Problem: Each of the lines below must be written out exactly as shown.

Source material:
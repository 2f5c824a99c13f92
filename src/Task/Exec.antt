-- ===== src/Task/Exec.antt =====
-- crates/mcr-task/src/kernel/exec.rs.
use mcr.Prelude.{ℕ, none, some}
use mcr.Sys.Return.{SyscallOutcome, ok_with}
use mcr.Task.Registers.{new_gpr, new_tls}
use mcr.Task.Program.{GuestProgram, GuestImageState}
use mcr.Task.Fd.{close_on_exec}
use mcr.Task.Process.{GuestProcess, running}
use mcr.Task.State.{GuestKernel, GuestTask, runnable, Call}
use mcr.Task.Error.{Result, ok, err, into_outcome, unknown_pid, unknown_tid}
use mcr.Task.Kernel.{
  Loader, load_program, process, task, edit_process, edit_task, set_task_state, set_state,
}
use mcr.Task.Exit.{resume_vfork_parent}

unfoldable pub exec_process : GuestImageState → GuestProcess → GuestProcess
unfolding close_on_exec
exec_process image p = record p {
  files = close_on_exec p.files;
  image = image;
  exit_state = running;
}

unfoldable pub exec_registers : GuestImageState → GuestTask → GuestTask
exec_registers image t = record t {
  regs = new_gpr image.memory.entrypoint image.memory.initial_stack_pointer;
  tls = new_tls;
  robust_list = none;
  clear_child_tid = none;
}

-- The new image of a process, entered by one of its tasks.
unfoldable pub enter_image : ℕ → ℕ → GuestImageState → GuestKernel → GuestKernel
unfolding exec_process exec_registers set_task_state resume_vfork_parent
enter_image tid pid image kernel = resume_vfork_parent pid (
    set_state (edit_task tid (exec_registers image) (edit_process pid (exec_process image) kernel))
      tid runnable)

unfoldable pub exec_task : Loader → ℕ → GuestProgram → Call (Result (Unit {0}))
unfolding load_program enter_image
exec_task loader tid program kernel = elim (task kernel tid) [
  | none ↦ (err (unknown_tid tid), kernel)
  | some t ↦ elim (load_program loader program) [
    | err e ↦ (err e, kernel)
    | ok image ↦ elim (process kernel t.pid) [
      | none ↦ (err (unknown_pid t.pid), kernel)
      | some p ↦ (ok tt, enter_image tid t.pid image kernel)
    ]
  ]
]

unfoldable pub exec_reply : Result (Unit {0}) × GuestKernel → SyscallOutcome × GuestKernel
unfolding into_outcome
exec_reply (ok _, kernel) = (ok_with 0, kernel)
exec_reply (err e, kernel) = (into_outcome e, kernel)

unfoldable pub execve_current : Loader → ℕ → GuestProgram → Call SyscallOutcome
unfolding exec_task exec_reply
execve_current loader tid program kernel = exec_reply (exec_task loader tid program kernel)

Response:
repository 2f5c824a99c13f92
filename src/Task/Exec.antt
-- ===== src/Task/Exec.antt =====
-- crates/mcr-task/src/kernel/exec.rs.
use mcr.Prelude.{ℕ, none, some}
use mcr.Sys.Return.{SyscallOutcome, ok_with}
use mcr.Task.Registers.{new_gpr, new_tls}
use mcr.Task.Program.{GuestProgram, GuestImageState}
use mcr.Task.Fd.{close_on_exec}
use mcr.Task.Process.{GuestProcess, running}
use mcr.Task.State.{GuestKernel, GuestTask, runnable, Call}
use mcr.Task.Error.{Result, ok, err, into_outcome, unknown_pid, unknown_tid}
use mcr.Task.Kernel.{
  Loader, load_program, process, task, edit_process, edit_task, set_task_state, set_state,
}
use mcr.Task.Exit.{resume_vfork_parent}

unfoldable pub exec_process : GuestImageState → GuestProcess → GuestProcess
unfolding close_on_exec
exec_process image p = record p {
  files = close_on_exec p.files;
  image = image;
  exit_state = running;
}

unfoldable pub exec_registers : GuestImageState → GuestTask → GuestTask
exec_registers image t = record t {
  regs = new_gpr image.memory.entrypoint image.memory.initial_stack_pointer;
  tls = new_tls;
  robust_list = none;
  clear_child_tid = none;
}

-- The new image of a process, entered by one of its tasks.
unfoldable pub enter_image : ℕ → ℕ → GuestImageState → GuestKernel → GuestKernel
unfolding exec_process exec_registers set_task_state resume_vfork_parent
enter_image tid pid image kernel = resume_vfork_parent pid (
    set_state (edit_task tid (exec_registers image) (edit_process pid (exec_process image) kernel))
      tid runnable)

unfoldable pub exec_task : Loader → ℕ → GuestProgram → Call (Result (Unit {0}))
unfolding load_program enter_image
exec_task loader tid program kernel = elim (task kernel tid) [
  | none ↦ (err (unknown_tid tid), kernel)
  | some t ↦ elim (load_program loader program) [
    | err e ↦ (err e, kernel)
    | ok image ↦ elim (process kernel t.pid) [
      | none ↦ (err (unknown_pid t.pid), kernel)
      | some p ↦ (ok tt, enter_image tid t.pid image kernel)
    ]
  ]
]

unfoldable pub exec_reply : Result (Unit {0}) × GuestKernel → SyscallOutcome × GuestKernel
unfolding into_outcome
exec_reply (ok _, kernel) = (ok_with 0, kernel)
exec_reply (err e, kernel) = (into_outcome e, kernel)

unfoldable pub execve_current : Loader → ℕ → GuestProgram → Call SyscallOutcome
unfolding exec_task exec_reply
execve_current loader tid program kernel = exec_reply (exec_task loader tid program kernel)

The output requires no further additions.